BEGIN

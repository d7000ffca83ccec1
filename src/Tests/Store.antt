-- ===== src/Tests/Store.antt =====
-- The store and its correlator: a request, and the response that answers it.
use ahp_inspector.Base.{
  ℕ, ◌≤◌, none, some, ◌≡◌, ◌⊎◌, refl, length, lookup, remove, insert, string_eq,
}
use ahp_inspector.Shared.Event.{s2c, c2s}
use ahp_inspector.Shared.Correlation.{
  CorrelationKey, opposite, correlation_key_for_request, correlation_key_for_response,
  make_correlation_key, id_text,
}
use ahp_inspector.Base.Text.{show}
use ahp_inspector.Parser.Normalizer.{normalize}
use ahp_inspector.Parser.Normalizer.Shapes.{normalize-IsNormal}
use ahp_inspector.Core.Store.{empty, append, at}
use ahp_inspector.Core.Store.Columns.{IsConsistent, empty-IsConsistent, append-IsConsistent}
use ahp_inspector.Core.Correlator.{
  ok, error, pair_of, status_of, max_pending, init, on_append, on_event, on_request, on_response,
  pair, park_request, displace_request, add_changed,
}
use ahp_inspector.Core.Correlator.Paired.{Answers}
use ahp_inspector.Core.Correlator.Runs.{
  System, start, ingest, ingests, Reach, here, next, pair_of-partner, parked_bounds,
  partners_same_id,
}
use ahp_inspector.Tests.Samples.{ping, pong, ping_message, pong_message, meta_of}

append-IsConsistent_example : IsConsistent (append (append empty ping) pong)
append-IsConsistent_example =
    append-IsConsistent (append empty ping) pong (append-IsConsistent empty ping empty-IsConsistent)

abbrev answered : System
answered = ingest (ingest start ping) pong

answered-Reach : Reach answered
answered-Reach = next (next here (ingests start ping)) (ingests (ingest start ping) pong)

paired_test : pair_of answered.correlator 0 ≡ some 1
unfolding pair_of append empty at init on_append on_event on_request on_response pair park_request
    displace_request normalize correlation_key_for_request correlation_key_for_response
    make_correlation_key id_text show add_changed lookup remove insert
paired_test = refl

pair_of-partner_example :
    (pair_of answered.correlator 1 ≡ some 0)
    × (Answers answered.store.events 0 1 ⊎ Answers answered.store.events 1 0)
    × (status_of answered.correlator 0 ≡ status_of answered.correlator 1)
    × ((status_of answered.correlator 0 ≡ ok) ⊎ (status_of answered.correlator 0 ≡ error))
pair_of-partner_example = pair_of-partner answered-Reach 0 1 paired_test

parked_bounds_example :
    (length answered.correlator.pending_requests ≤ max_pending)
    × (length answered.correlator.pending_responses ≤ max_pending)
    × ((k : CorrelationKey) (i : ℕ)
        → lookup k answered.correlator.pending_requests ≡ some i
        → lookup k answered.correlator.pending_responses ≡ none)
parked_bounds_example = parked_bounds answered-Reach

partners_same_id_example : (ping.dir ≡ opposite pong.dir) × (ping.id ≡ pong.id)
unfolding append empty at
partners_same_id_example =
    partners_same_id answered-Reach
      (
        (normalize-IsNormal ping_message (meta_of 0 c2s)).id_tag,
        ((normalize-IsNormal pong_message (meta_of 1 s2c)).id_tag, tt),
      )
      0 1 ping pong paired_test refl refl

END

▸ Work instruction: Copy each line from the data that features the string "normalize".

▸ Task output:
use ahp_inspector.Parser.Normalizer.{normalize}
use ahp_inspector.Parser.Normalizer.Shapes.{normalize-IsNormal}
    displace_request normalize correlation_key_for_request correlation_key_for_response
        (normalize-IsNormal ping_message (meta_of 0 c2s)).id_tag,
        ((normalize-IsNormal pong_message (meta_of 1 s2c)).id_tag, tt),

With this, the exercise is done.